Species of gastropod

Pseudominolia articulata is a species of sea snail, a marine gastropod mollusk in the family Trochidae, the top snails.

==Description==
The height of the shell attains 6 mm, its diameter 7 mm. The shell horn is colored with spots of brown, which equally divide the space with ground color on the spiral keels. There is a line of commashaped spots which extend from the summit into the flat space anterior to it. The 2½ white, nuclear whorls are small, well rounded and smooth. The shell contains 3⅓ postnuclear whorls. The first two are marked by three strong lamellar spiral keels, the last by four between the summit and the periphery. The keels are equally spaced, the fourth being at the periphery, while the first is a little further from the summit than it is from its neighbor anteriorly.
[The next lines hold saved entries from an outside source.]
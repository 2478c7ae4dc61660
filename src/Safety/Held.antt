-- ===== src/Safety/Held.antt =====
-- A hold stops what its scope names until it expires or an operator releases it (record_stop,
-- release_hold and assert_publication_not_held of src/autocontribute/store.py).
use autocontribute.Base.{
  ℕ, ◌+◌, String, Option, Bool, true, false, List, [], ◌∷◌, ◌++◌, length, ◌≡◌, ◌⊎◌, inl, inr, refl,
  ap, sym, ◌∙◌, arith, ◌==◌, any, keep, map, Option-cases, Bool-cases, subst,
}
use mathlib.Core.List.{Memᴰ}
use autocontribute.Errors.{policy_error, ok, err}
use autocontribute.Safety.State.{Trigger, Stop, globally, HoldRow, Safety, Library}
use autocontribute.Safety.Breaker.{trip, resume}
use autocontribute.Safety.Holds.{
  scope_eq, find_hold, new_hold, with_hold, escalate, hold, record_stop, record_run_rate_limits,
  release_row, release_hold, is_active, active_holds, applies, assert_publication_not_held,
}
use autocontribute.Safety.Evidence.{resume-IsResumed}
use autocontribute.Safety.Steps.{Step, trips, stops, limits, releases, resumes}

-- the release of the hold with this id
abbrev pub frees : {lib : Library} {s t : Safety} → ℕ → Step lib s t → Bool
frees id (releases _ other _ _ _) = other == id
frees id _ = false

-- the calls since then, none of which released the hold
pub data Unreleased (lib : Library) (id : ℕ) (s : Safety) : Safety → Type 0 where
  start : Unreleased lib id s s
  later :
      {t u : Safety}
      → Unreleased lib id s t
      → (st : Step lib t u) → frees id st ≡ false
      → Unreleased lib id s u

trip-holds :
    (now : ℕ) (t : Trigger) (s : Safety) (new : Bool) (after : Safety)
    → trip now t s ≡ ok (new, after)
    → after.holds ≡ s.holds
unfolding trip
trip-holds now t s new after h = ground arith

escalate-holds :
    (lib : Library) (now : ℕ) (stop : Stop) (s : Safety) (new : Bool) (after : Safety)
    → escalate lib now stop s ≡ ok (new, after)
    → after.holds ≡ s.holds
unfolding escalate trip
escalate-holds lib now stop s new after h = ground arith

-- a stop keeps the holds, or adds its own
record_stop-holds :
    (lib : Library) (now : ℕ) (stop : Stop) (s : Safety) (new : Bool) (after : Safety)
    → record_stop lib now stop s ≡ ok (new, after)
    → (after.holds ≡ s.holds) ⊎ (after.holds ≡ (with_hold now stop s).holds)
unfolding record_stop hold
record_stop-holds lib now stop s new after h = elim (Bool-cases (scope_eq stop.scope globally)) [
  | inl global ↦ inl (trip-holds now stop.evidence s new after (ground arith))
  | inr part ↦ elim (Option-cases (find_hold stop.evidence.trigger_hash s.holds)) [
    | inr (row, known) ↦ inl (ground arith)
    | inl fresh ↦ inr (escalate-holds lib now stop (with_hold now stop s) new after (ground arith))
  ]
]

-- a stop whose evidence is new and that is not global adds its own
record_stop-held :
    (lib : Library) (now : ℕ) (stop : Stop) (s after : Safety)
    → scope_eq stop.scope globally ≡ false
    → record_stop lib now stop s ≡ ok (true, after)
    → after.holds ≡ (with_hold now stop s).holds
unfolding record_stop hold
record_stop-held lib now stop s after part h =
    elim (Option-cases (find_hold stop.evidence.trigger_hash s.holds)) [
      | inr (row, known) ↦ absurd (ground arith)
      | inl fresh ↦ escalate-holds lib now stop (with_hold now stop s) true after (ground arith)
    ]

record_run_rate_limits-holds :
    (lib : Library) (now : ℕ) (limited : Bool) (s : Safety) (new : Bool) (after : Safety)
    → record_run_rate_limits lib now limited s ≡ ok (new, after)
    → after.holds ≡ s.holds
unfolding record_run_rate_limits trip
record_run_rate_limits-holds lib now limited s new after h = ground arith

resume-holds :
    (lib : Library) (now : ℕ) (actor reason expected : String) (s : Safety) (new : Bool)
    (after : Safety)
    → resume lib now actor reason expected s ≡ ok (new, after)
    → after.holds ≡ s.holds
resume-holds lib now actor reason expected s new after h =
    elim (resume-IsResumed lib now actor reason expected s new after h) [
      | inl (old, same) ↦ ap (λ x. x.holds) same
      | inr r ↦ ap (λ x. x.holds) r.done
    ]

Mem-append : (hs : List HoldRow) (h x : HoldRow) → Memᴰ x hs → Memᴰ x (hs ++ h ∷ [])
Mem-append [] h x m = elim m [ ]
Mem-append (y ∷ hs) h x (Memᴰ.head same) = Memᴰ.head same
Mem-append (y ∷ hs) h x (Memᴰ.tail m) = Memᴰ.tail (Mem-append hs h x m)

Mem-last : (hs : List HoldRow) (h : HoldRow) → Memᴰ h (hs ++ h ∷ [])
Mem-last [] h = Memᴰ.head refl
Mem-last (y ∷ hs) h = Memᴰ.tail (Mem-last hs h)

Mem-released :
    (now id : ℕ) (hs : List HoldRow) (x : HoldRow)
    → (id == x.id) ≡ false
    → Memᴰ x hs
    → Memᴰ x (map (release_row now id) hs)
Mem-released now id [] x other m = elim m [ ]
Mem-released now id (y ∷ hs) x other (Memᴰ.head same) = Memᴰ.head (ground (arith, same))
Mem-released now id (y ∷ hs) x other (Memᴰ.tail m) = Memᴰ.tail (Mem-released now id hs x other m)

Step-Mem :
    {lib : Library} {s t : Safety} (x : HoldRow) (st : Step lib s t)
    → frees x.id st ≡ false
    → Memᴰ x s.holds
    → Memᴰ x t.holds
unfolding release_hold
Step-Mem {s} x (trips now tr new after h) quiet m =
    subst (Memᴰ x) (sym (trip-holds now tr s new after h)) m
Step-Mem {lib} {s} x (stops now stop new after h) quiet m =
    elim (record_stop-holds lib now stop s new after h) [
      | inl same ↦ subst (Memᴰ x) (sym same) m
      | inr more ↦ subst (Memᴰ x) (sym more) (Mem-append s.holds (new_hold now stop s) x m)
    ]
Step-Mem {lib} {s} x (limits now limited new after h) quiet m =
    subst (Memᴰ x) (sym (record_run_rate_limits-holds lib now limited s new after h)) m
Step-Mem {s} x (releases now id new after h) quiet m =
    let freed : after.holds ≡ map (release_row now id) s.holds = ground arith in
    subst (Memᴰ x) (sym freed) (Mem-released now id s.holds x quiet m)
Step-Mem {lib} {s} x (resumes now actor reason expected new after h) quiet m =
    subst (Memᴰ x) (sym (resume-holds lib now actor reason expected s new after h)) m

Unreleased-Mem :
    {lib : Library} (x : HoldRow) {s t : Safety}
    → Unreleased lib x.id s t
    → Memᴰ x s.holds
    → Memᴰ x t.holds
Unreleased-Mem x start m = m
Unreleased-Mem x (later r st quiet) m = Step-Mem x st quiet (Unreleased-Mem x r m)

any-keep :
    (p q : HoldRow → Bool) (hs : List HoldRow) (x : HoldRow)
    → p x ≡ true
    → q x ≡ true
    → Memᴰ x hs
    → any p (keep q hs) ≡ true
any-keep p q [] x hp hq m = elim m [ ]
any-keep p q (y ∷ hs) x hp hq (Memᴰ.head same) =
    let here_p : p y ≡ true = ap p (sym same) ∙ hp in
    let here_q : q y ≡ true = ap q (sym same) ∙ hq in ground arith
any-keep p q (y ∷ hs) x hp hq (Memᴰ.tail m) = let ih = any-keep p q hs x hp hq m in ground arith

-- A stop of a publication, a repository or a pull request holds what it names: once `record_stop` has
-- returned True for it, `assert_publication_not_held` raises PolicyError for every publication that
-- it applies to, whatever is recorded, released or resumed meanwhile, until that hold is released
-- or its time is over.
pub held_until_released :
    (lib : Library) (now at : ℕ) (stop : Stop) (s after t : Safety) (repo : String)
    (url : Option String)
    → scope_eq stop.scope globally ≡ false
    → record_stop lib now stop s ≡ ok (true, after)
    → Unreleased lib (length s.holds + 1) after t
    → is_active at (new_hold now stop s) ≡ true
    → applies lib repo url (new_hold now stop s) ≡ true
    → assert_publication_not_held lib at repo url t ≡ err policy_error
unfolding assert_publication_not_held active_holds
held_until_released lib now at stop s after t repo url part h r live names =
    let added = record_stop-held lib now stop s after part h in
    let row = new_hold now stop s in
    let there : Memᴰ row after.holds = subst (Memᴰ row) (sym added) (Mem-last s.holds row) in
    let found =
      any-keep (applies lib repo url) (is_active at) t.holds row names live
        (Unreleased-Mem row r there) in
    ground arith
In addition to the spiral sculpture, the whorls are marked by very slender, closely spaced, axial threads which are best developed in the spaces between the spiral cords. The periphery and the base are well rounded, the latter broadly umbilicated and marked by 10 depressed spiral cords which are truncated posteriorly and slope gently anteriorly. The whole has the appearance of a series of imbricating bands. In addition to these, there are three cords in the umbilicus wider and stronger than those on the base. These cords are crossed by closely spaced riblets which give them a peculiarly notched appearance. The aperture is subcircular. The outer lip is rendered sinuous by the spiral keels. The slender columella is strongly curved. The parietal wall is covered with a thin callus.

==Distribution==
This marine species occurs off Cape of Good Hope, South Africa.